One of the best analogies I've seen for Web 2.0 is that it's like version 2.0 of a software application: promising to do all the things that version 1.0 was supposed to do but couldn't quite manage. Let's apply the analogy to the actual development of software as I understand it...

ShinyAppv1.0 has been released. Work has started on the next version. In the open-source world you actually get to see this process happening. Features are added, bugs are ironed out, new things are tried. At some arbitrary point a feature freeze sets in, and there's a push towards a final release. At some arbitrary point - perhaps a set date, perhaps an official pronouncement that all major bugs have been ironed out - the product is deemed "complete", and ShinyAppv2.0 appears. To the unclued in user, it may look like the new, improved product has appeared full-formed like Athena being birthed fully-grown from Zeus' skull. In reality, it's the culmination of a long series of development of various aspects of the software, some of which may still have been incomplete at the time of the "official" software release.

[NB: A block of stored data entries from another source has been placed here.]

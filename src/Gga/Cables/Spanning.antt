-- ===== src/Gga/Cables/Spanning.antt =====
-- The cables of a group join each of its turbines to the substation.
use fode_hpc_wflop.Base.{
  ℕ, zero, suc, ◌+◌, ◌-◌, ◌≤◌, ◌<◌, ◌≡◌, refl, sym, ap, subst, ◌∙◌, pos, negsuc, true, false, inl,
  inr, List, [], ◌∷◌, length, get_or, range, range_from, replicate, length-replicate, length-append,
  Bool-cases, All, All-get_or, arith,
}
use fode_hpc_wflop.Double.{Double, nought}
use fode_hpc_wflop.Fode.Grid.Masks.{count_marks}
use fode_hpc_wflop.Fode.Grid.Unavailable.{count_marks-replicate}
use fode_hpc_wflop.Gga.Cables.{
  Point, Edge, Tree, pick, at_index, relax, attach, grow, seed, closest_to, group_tree, distance,
}
use fode_hpc_wflop.Gga.Cables.Linked.{Linked, Linked-more, Linked-last}
use fode_hpc_wflop.Gga.Cables.Marked.{all_marked, Relaxed, relax-Relaxed}
use fode_hpc_wflop.Gga.Cables.Growing.{node, Growing, attach-Growing}

get_or-replicate : {A : Type 0} (n i : ℕ) (a d : A) → i < n → get_or (replicate n a) i d ≡ a
get_or-replicate zero i a d h = absurd (omega arith)
get_or-replicate (suc n) zero a d h = refl
get_or-replicate (suc n) (suc i) a d h = get_or-replicate n i a d (omega arith)

-- As many cables as turbines, and they join each turbine to the substation: a spanning tree.
pub record Spans {W : Type 0} (group : List ℕ) (edges : List (Edge W)) : Type 0 where
  pub count : length edges ≡ length group
  pub joined : (i : ℕ) → i < length group → Linked edges (negsuc 0) (pos (get_or group i 0))

module _ {W : Type 0} ⦃D : Double W⦄ (some_turbine : ℕ) (others : List ℕ)
    (coordinates : List (Point W)) (positive : D.lt D.infinity nought ≡ false)
    (short : (i j : ℕ)
      → i < length (some_turbine ∷ others)
      → j < length (some_turbine ∷ others)
      → D.lt (distance (at_index coordinates i) (at_index coordinates j)) D.infinity ≡ true) where
  abbrev group : List ℕ
  group = some_turbine ∷ others

  abbrev start : Tree W
  start = seed group coordinates

  start_key : (i : ℕ) → 1 ≤ i → i < length group → get_or start.keys i nought ≡ D.infinity
  start_key zero above inside = absurd (omega arith)
  start_key (suc i) above inside =
      get_or-replicate (length others) i D.infinity nought (omega arith)

  -- The first selection is index 0, whose key alone is not infinite.
  picks_first :
      (a m : ℕ) → 1 ≤ a → a + m ≤ length group → pick start (range_from a m) (pos 0) ≡ pos 0
  unfolding pick
  picks_first a zero above room = refl
  picks_first a (suc m) above room =
      let farther : D.lt (get_or start.keys a nought) nought ≡ false =
        rw (start_key a above (omega arith)) positive in
      step a m (picks_first (suc a) m (omega arith) (omega arith)) farther
    where
      step :
          (a m : ℕ)
          → pick start (range_from (suc a) m) (pos 0) ≡ pos 0
          → D.lt (get_or start.keys a nought) nought ≡ false
          → pick start (range_from a (suc m)) (pos 0) ≡ pos 0
      step a m rest farther = elim (Bool-cases (get_or start.used a false)) [
        | inl used ↦ rw (used, pick) rest
        | inr clear ↦ rw (clear, farther, pick) rest
      ]

  abbrev first : Tree W
  first = record start { used = true ∷ replicate (length others) false }

  abbrev second : Tree W
  second = relax group coordinates 0 (range (length group)) first

  relaxed : Relaxed group coordinates 0 (length group) 0 (length group) first second
  relaxed = relax-Relaxed group coordinates 0 (length group) 0 (length group) first

  used_second : (i : ℕ) → get_or second.used i false ≡ get_or first.used i false
  used_second i = ap (λ os. get_or os i false) relaxed.used_same

  first_used : (i : ℕ) → i < length group → get_or first.used i false ≡ true → i ≡ 0
  first_used zero inside h = refl
  first_used (suc i) inside h =
      absurd (cc (h, get_or-replicate (length others) i false false (omega arith)))

  second-Growing : Growing group coordinates 1 second
  second-Growing = record {
    used_long = ap length relaxed.used_same ∙ ap suc (length-replicate (length others) false);
    parents_long = relaxed.parents_long ∙ ap suc (length-replicate (length others) (negsuc 0));
    counted =
        ap count_marks relaxed.used_same ∙ omega (arith, count_marks-replicate (length others));
    edges_long = omega (arith, ap length relaxed.edges_same);
    waiting = λ i inside h.
        let clear = sym (used_second i) ∙ h in
        (0, reached i inside clear, omega arith, used_second 0);
    linked = λ i inside h. rw (first_used i inside (sym (used_second i) ∙ h)) Linked.here;
  }
    where
      reached :
          (i : ℕ)
          → i < length group
          → get_or first.used i false ≡ false
          → get_or second.parents i (negsuc 0) ≡ pos 0
      reached zero inside clear = cc
      reached (suc i) inside clear =
          relaxed.reached (suc i) (omega arith) (omega arith)
            (omega (arith, length-replicate (length others) (negsuc 0))) clear
            (rw (start_key (suc i) (omega arith) inside) (short 0 (suc i) (omega arith) inside))

  grow-Growing :
      (iterations k : ℕ) (t : Tree W)
      → k + iterations ≡ length group
      → Growing group coordinates k t
      → Growing group coordinates (length group) (grow group coordinates iterations t)
  unfolding grow
  grow-Growing zero k t all v = subst (λ m. Growing group coordinates m t) (omega arith) v
  grow-Growing (suc iterations) k t all v =
      grow-Growing iterations (suc k) _ (omega arith)
        (attach-Growing group coordinates k t (omega arith) v)

  closest_inside :
      (substation : Point W) (a m c : ℕ)
      → a + m ≤ length group
      → c < length group
      → closest_to coordinates substation (range_from a m) c < length group
  unfolding closest_to
  closest_inside substation a zero c room h = h
  closest_inside substation a (suc m) c room h =
      closest_inside substation (suc a) m _ (omega arith) (ground arith)

  one_round : attach group coordinates (pick start (range (length group)) (negsuc 0)) start ≡ second
  unfolding attach pick
  one_round =
      ap (λ r. attach group coordinates r start)
        (picks_first 1 (length others) (omega arith) (omega arith))

  spanning : (substation : Point W) → Spans group (group_tree group coordinates substation)
  unfolding group_tree
  spanning substation = record {
    count = length-append grown.edges (last ∷ []) ∙ omega (arith, v.edges_long);
    joined = λ i inside. Linked.join (Linked-last grown.edges last) (
        Linked-more grown.edges (last ∷ [])
          (Linked.join (Linked.back (in_tree closest low)) (in_tree i inside)));
  }
    where
      grown : Tree W
      grown = grow group coordinates (length group) start

      v : Growing group coordinates (length group) grown
      v =
          unfold grow in
          subst
            (λ t.
              Growing group coordinates (length group) (grow group coordinates (length others) t))
            (sym one_round) (grow-Growing (length others) 1 second (omega arith) second-Growing)

      closest : ℕ
      closest = closest_to coordinates substation (range_from 1 (length group - 1)) 0

      low : closest < length group
      low = closest_inside substation 1 (length group - 1) 0 (omega arith) (omega arith)

      last : Edge W
      last = record {
        from = negsuc 0;
        to = get_or group closest 0;
        span = distance (at_index coordinates closest) substation;
      }

      in_tree :
          (i : ℕ)
          → i < length group
          → Linked grown.edges (node group coordinates 0) (node group coordinates i)
      in_tree i inside = v.linked i inside (
          all_marked grown.used i (omega (arith, v.counted, v.used_long))
            (omega (arith, v.used_long)))

-- With doubles whose infinity is not below 0, and a position for each turbine of the group, all at
-- finite distances from each other, `group_tree` returns as many cables as there are turbines, and
-- they join each of the turbines to the substation, so that they are a spanning tree.
pub group_tree-Spans :
    {W : Type 0} ⦃D : Double W⦄ (group : List ℕ) (coordinates : List (Point W))
    (substation : Point W)
    → D.lt D.infinity nought ≡ false
    → length coordinates ≡ length group
    → All (λ p. All (λ q. D.lt (distance p q) D.infinity ≡ true) coordinates) coordinates
    → Spans group (group_tree group coordinates substation)
unfolding group_tree
group_tree-Spans [] coordinates substation positive long close = record {
  count = refl;
  joined = λ i inside. absurd (omega arith);
}
group_tree-Spans ⦃D⦄ (turbine ∷ others) coordinates substation positive long close =
    spanning turbine others coordinates positive
      (λ i j i_low j_low.
        All-get_or (λ q. D.lt (distance (at_index coordinates i) q) D.infinity ≡ true) coordinates j
          _
          (All-get_or (λ p. All (λ q. D.lt (distance p q) D.infinity ≡ true) coordinates)
            coordinates i _ close (omega (arith, long)))
          (omega (arith, long)))
      substation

All Web 2.0 really is, is the maturation of several technological and sociological trends that have been developing for years, but which are just now coalescing into a comprehensible whole. Web 2.0 isn't just a product label you can slap onto your tech business in order to make a profit. it's a...let's see: it's a current snapshot of the significant sociological and psychological changes in human online interactivity that are occurring as a result of recent technological advances in many-to-many communication media (collectively referred to as "the Internet") as well as the discovery of new methods of using the older technologies. Business people shouldn't be discussing it; social scientists should.

The O'reilly crowd misses this point that their business crowd really should be made aware of: these trends are continuing, and the Next Big Thing(tm) may be the further evolution of a trend that nobody has anticipated because everyone's trying to conform to some arbitrarily defined, rigid standard of "where the web is right now", aka Web 2.0.

The other thing missing from their analysis is of a technological advance that changes the dynamic of the web significantly: they talk about users creating and consuming each other's content a lot, but neglect to mention the advances in software technology that gives users significant ability to not receive content that they don't want to receive: I'm thinking of the Firefox extension Adblock here. What's a business-person to do when the preferred method of revenue-raising on the web today - online ads - is getting blocked out by a growing number of users? And then there's the Greasemonkey Firefox extension, which provides a whole framework for giving the user control over how they choose to rearrange a content-provider's content for their own consumption....

Web 2.0 is primarily a marketing term, but it really shouldn't be. It ought to be the jumping off point for determining how the Information Revolution is affecting, and will continue to affect, modern society.